*PROBLEM DESCRIPTION*. Would you reproduce the listing exactly, leaving nothing out?

___ RECORDED DATA

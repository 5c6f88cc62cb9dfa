-- ===== src/Tests/Segments.antt =====
-- A shared segment of 64 bytes, and a message of three bytes.
use cpp_study.Base.{ℕ, ◌+◌, length, ◌≡◌, refl, List, [], ◌∷◌, true, arith, inr, none, ◌*◌}
use cpp_study.Base.Int.{pos, negsuc}
use cpp_study.Base.Exec.{Ends}
use cpp_study.Shm.{Os, detach, init_shm, get_shm, get_shm_id, get_addr}
use cpp_study.Shm.Bytes.{Memory, write_bytes, write_bytes_outside}
use cpp_study.Shm.Ring.{
  DataHead, Segment, ShareMemory, after_detach, is_mapped, leave, init, write_data, read_data,
}
use cpp_study.Shm.Ring.Queue.{IsMessage, Represents, straight}
use cpp_study.Shm.Ring.Put.{message}
use cpp_study.Shm.Ring.Write.{Written, has_room, write_data-refines}
use cpp_study.Shm.Ring.Read.{Taken, Printable, read_data-refines}
use cpp_study.Shm.Ring.Views.{Answers}
use cpp_study.Shm.Trace.{Call, write_call, read_call, Pair, Fifo, run_calls, run_calls-Fifo}
use cpp_study.Shm.App.{app_loop}
use cpp_study.Shm.App.Steady.{Steady, app_loop-Steady}
use cpp_study.Shm.Attach.{init-Represents}

-- The first free one of the pages.
abbrev place : List ℕ → ℕ
place at = 4096 * (1 + length at)

abbrev os : Os
os = record { shmget = pos 7; shmat = true; place = place; shmdt = pos 0; shmctl = pos 0 }

abbrev failing : Os
failing = record { shmget = negsuc 0; shmat = true; place = place; shmdt = pos 0; shmctl = pos 0 }

abbrev zeros : Memory
zeros i = 0

abbrev fresh : Segment
fresh = record {
  ctrl = record {
    init_flag = 0;
    dir = pos 0;
    start_pos = 0;
    end_pos = 0;
    read_pos = 0;
    write_pos = 0;
  };
  bytes = 64;
  mem = zeros;
}

abbrev start : ShareMemory
start = record {
  shm = record { shm_id = pos 0; shm_key = pos 0; shm_size = pos 0 };
  seg = fresh;
  view = record { ctrl_addr = none; mapped = [] };
}

init-Represents_example :
    let r = init start os 1 64 in
    (r.0 ≡ after_detach os)
    × Represents r.1.seg []
    × (r.1.view ≡ leave (detach true os) os start.view)
    × ((init r.1 failing 1 32).1.seg ≡ r.1.seg)
unfolding get_shm get_shm_id get_addr init_shm
init-Represents_example =
    init-Represents start os failing 1 64 32 refl (λ e. omega arith) (omega arith) (omega arith)
      (omega arith) (λ i p q. refl)

-- The object once the segment is initialised.
abbrev ready : ShareMemory
ready = (init start os 1 64).1

abbrev head : DataHead
head = record { flag = 1; size = 3 }

abbrev content : List ℕ
content = 65 ∷ 66 ∷ 67 ∷ []

head-IsMessage : IsMessage (message head content)
head-IsMessage = record { filled = omega arith; sized = omega arith; flagged = omega arith }

ready_attached : (get_shm ready.shm os).0 ≡ true
unfolding init get_shm get_shm_id get_addr init_shm
ready_attached = refl

ready-Represents : Represents ready.seg []
unfolding get_shm get_shm_id get_addr init_shm
ready-Represents =
    (init-Represents start os failing 1 64 32 refl (λ e. omega arith) (omega arith) (omega arith)
      (omega arith) (λ i p q. refl)).1

write_data-refines_example :
    Ends
      (Written os ready.view [] (message head content) (has_room ready.seg.ctrl 11))
      (write_data ready os head content)
write_data-refines_example =
    write_data-refines head content (omega arith) head-IsMessage ready os [] ready_attached
      ready-Represents

-- The segment with that message in it.
abbrev loaded : ShareMemory
loaded = record ready {
  seg = record {
    ctrl = record {
      init_flag = 1;
      dir = pos 1;
      start_pos = 24;
      end_pos = 64;
      read_pos = 24;
      write_pos = 35;
    };
    bytes = 64;
    mem = write_bytes zeros 24 (1 ∷ 0 ∷ 0 ∷ 0 ∷ 3 ∷ 0 ∷ 0 ∷ 0 ∷ content);
  };
}

loaded-Represents : Represents loaded.seg (message head content ∷ [])
unfolding write_bytes
loaded-Represents = straight (record {
  forward = refl;
  start_read = omega arith;
  write_end = omega arith;
  bounded = omega arith;
  inside = omega arith;
  stored = (
    head-IsMessage,
    (refl, (refl, (refl, (refl, (refl, (refl, (refl, (refl, (refl, (refl, (refl, tt))))))))))),
    omega arith,
  );
  clean_before = λ i p q. absurd (omega arith);
  clean_after =
      λ i p q. write_bytes_outside zeros 24 (1 ∷ 0 ∷ 0 ∷ 0 ∷ 3 ∷ 0 ∷ 0 ∷ 0 ∷ content) i (inr p);
})

loaded_attached : (get_shm loaded.shm os).0 ≡ true
unfolding init get_shm get_shm_id get_addr init_shm
loaded_attached = refl

loaded_shown : Printable os loaded.view
unfolding detach init leave is_mapped get_shm get_shm_id get_addr init_shm
loaded_shown = refl

read_data-refines_example :
    Ends (Taken os loaded.view (message head content ∷ [])) (read_data loaded os 16)
read_data-refines_example =
    read_data-refines 16 loaded os (message head content ∷ []) loaded_attached loaded_shown
      (omega arith) loaded-Represents

abbrev calls : List Call
calls = write_call os head content ∷ read_call os 16 ∷ read_call os 16 ∷ []

abbrev both : Pair
both = record {
  writer = ready.shm;
  writer_view = ready.view;
  reader = ready.shm;
  reader_view = ready.view;
  seg = ready.seg;
}

os-Answers : Answers place os
os-Answers = (omega arith, refl, λ at. refl)

run_calls-Fifo_example : Ends (Fifo place 16 []) (run_calls calls both)
run_calls-Fifo_example =
    run_calls-Fifo place 16 calls both []
      (
        (os-Answers, omega arith, omega arith, head-IsMessage),
        ((os-Answers, omega arith), ((os-Answers, omega arith), tt)),
      )
      tt loaded_shown ready-Represents

abbrev one_pass : List (Os × Os)
one_pass = (os, os) ∷ []

app_loop-Steady_example :
    Ends (λ r. Steady place (0 + length one_pass) (r.1, r.2)) (app_loop (pos 0) ready one_pass)
app_loop-Steady_example =
    app_loop-Steady place (pos 0) ready one_pass 0 (os-Answers, os-Answers, tt)
      (ready-Represents, loaded_shown)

______

*WRITTEN SOLUTION*.
repository 5c6f88cc62cb9dfa
-- ===== src/Tests/Segments.antt =====
-- A shared segment of 64 bytes, and a message of three bytes.
use cpp_study.Base.{ℕ, ◌+◌, length, ◌≡◌, refl, List, [], ◌∷◌, true, arith, inr, none, ◌*◌}
use cpp_study.Base.Int.{pos, negsuc}
use cpp_study.Base.Exec.{Ends}
use cpp_study.Shm.{Os, detach, init_shm, get_shm, get_shm_id, get_addr}
use cpp_study.Shm.Bytes.{Memory, write_bytes, write_bytes_outside}
use cpp_study.Shm.Ring.{
  DataHead, Segment, ShareMemory, after_detach, is_mapped, leave, init, write_data, read_data,
}
use cpp_study.Shm.Ring.Queue.{IsMessage, Represents, straight}
use cpp_study.Shm.Ring.Put.{message}
use cpp_study.Shm.Ring.Write.{Written, has_room, write_data-refines}
use cpp_study.Shm.Ring.Read.{Taken, Printable, read_data-refines}
use cpp_study.Shm.Ring.Views.{Answers}
use cpp_study.Shm.Trace.{Call, write_call, read_call, Pair, Fifo, run_calls, run_calls-Fifo}
use cpp_study.Shm.App.{app_loop}
use cpp_study.Shm.App.Steady.{Steady, app_loop-Steady}
use cpp_study.Shm.Attach.{init-Represents}

-- The first free one of the pages.
abbrev place : List ℕ → ℕ
place at = 4096 * (1 + length at)

abbrev os : Os
os = record { shmget = pos 7; shmat = true; place = place; shmdt = pos 0; shmctl = pos 0 }

abbrev failing : Os
failing = record { shmget = negsuc 0; shmat = true; place = place; shmdt = pos 0; shmctl = pos 0 }

abbrev zeros : Memory
zeros i = 0

abbrev fresh : Segment
fresh = record {
  ctrl = record {
    init_flag = 0;
    dir = pos 0;
    start_pos = 0;
    end_pos = 0;
    read_pos = 0;
    write_pos = 0;
  };
  bytes = 64;
  mem = zeros;
}

abbrev start : ShareMemory
start = record {
  shm = record { shm_id = pos 0; shm_key = pos 0; shm_size = pos 0 };
  seg = fresh;
  view = record { ctrl_addr = none; mapped = [] };
}

init-Represents_example :
    let r = init start os 1 64 in
    (r.0 ≡ after_detach os)
    × Represents r.1.seg []
    × (r.1.view ≡ leave (detach true os) os start.view)
    × ((init r.1 failing 1 32).1.seg ≡ r.1.seg)
unfolding get_shm get_shm_id get_addr init_shm
init-Represents_example =
    init-Represents start os failing 1 64 32 refl (λ e. omega arith) (omega arith) (omega arith)
      (omega arith) (λ i p q. refl)

-- The object once the segment is initialised.
abbrev ready : ShareMemory
ready = (init start os 1 64).1

abbrev head : DataHead
head = record { flag = 1; size = 3 }

abbrev content : List ℕ
content = 65 ∷ 66 ∷ 67 ∷ []

head-IsMessage : IsMessage (message head content)
head-IsMessage = record { filled = omega arith; sized = omega arith; flagged = omega arith }

ready_attached : (get_shm ready.shm os).0 ≡ true
unfolding init get_shm get_shm_id get_addr init_shm
ready_attached = refl

ready-Represents : Represents ready.seg []
unfolding get_shm get_shm_id get_addr init_shm
ready-Represents =
    (init-Represents start os failing 1 64 32 refl (λ e. omega arith) (omega arith) (omega arith)
      (omega arith) (λ i p q. refl)).1

write_data-refines_example :
    Ends
      (Written os ready.view [] (message head content) (has_room ready.seg.ctrl 11))
      (write_data ready os head content)
write_data-refines_example =
    write_data-refines head content (omega arith) head-IsMessage ready os [] ready_attached
      ready-Represents

-- The segment with that message in it.
abbrev loaded : ShareMemory
loaded = record ready {
  seg = record {
    ctrl = record {
      init_flag = 1;
      dir = pos 1;
      start_pos = 24;
      end_pos = 64;
      read_pos = 24;
      write_pos = 35;
    };
    bytes = 64;
    mem = write_bytes zeros 24 (1 ∷ 0 ∷ 0 ∷ 0 ∷ 3 ∷ 0 ∷ 0 ∷ 0 ∷ content);
  };
}

loaded-Represents : Represents loaded.seg (message head content ∷ [])
unfolding write_bytes
loaded-Represents = straight (record {
  forward = refl;
  start_read = omega arith;
  write_end = omega arith;
  bounded = omega arith;
  inside = omega arith;
  stored = (
    head-IsMessage,
    (refl, (refl, (refl, (refl, (refl, (refl, (refl, (refl, (refl, (refl, (refl, tt))))))))))),
    omega arith,
  );
  clean_before = λ i p q. absurd (omega arith);
  clean_after =
      λ i p q. write_bytes_outside zeros 24 (1 ∷ 0 ∷ 0 ∷ 0 ∷ 3 ∷ 0 ∷ 0 ∷ 0 ∷ content) i (inr p);
})

loaded_attached : (get_shm loaded.shm os).0 ≡ true
unfolding init get_shm get_shm_id get_addr init_shm
loaded_attached = refl

loaded_shown : Printable os loaded.view
unfolding detach init leave is_mapped get_shm get_shm_id get_addr init_shm
loaded_shown = refl

read_data-refines_example :
    Ends (Taken os loaded.view (message head content ∷ [])) (read_data loaded os 16)
read_data-refines_example =
    read_data-refines 16 loaded os (message head content ∷ []) loaded_attached loaded_shown
      (omega arith) loaded-Represents

abbrev calls : List Call
calls = write_call os head content ∷ read_call os 16 ∷ read_call os 16 ∷ []

abbrev both : Pair
both = record {
  writer = ready.shm;
  writer_view = ready.view;
  reader = ready.shm;
  reader_view = ready.view;
  seg = ready.seg;
}

os-Answers : Answers place os
os-Answers = (omega arith, refl, λ at. refl)

run_calls-Fifo_example : Ends (Fifo place 16 []) (run_calls calls both)
run_calls-Fifo_example =
    run_calls-Fifo place 16 calls both []
      (
        (os-Answers, omega arith, omega arith, head-IsMessage),
        ((os-Answers, omega arith), ((os-Answers, omega arith), tt)),
      )
      tt loaded_shown ready-Represents

abbrev one_pass : List (Os × Os)
one_pass = (os, os) ∷ []

app_loop-Steady_example :
    Ends (λ r. Steady place (0 + length one_pass) (r.1, r.2)) (app_loop (pos 0) ready one_pass)
app_loop-Steady_example =
    app_loop-Steady place (pos 0) ready one_pass 0 (os-Answers, os-Answers, tt)
      (ready-Represents, loaded_shown)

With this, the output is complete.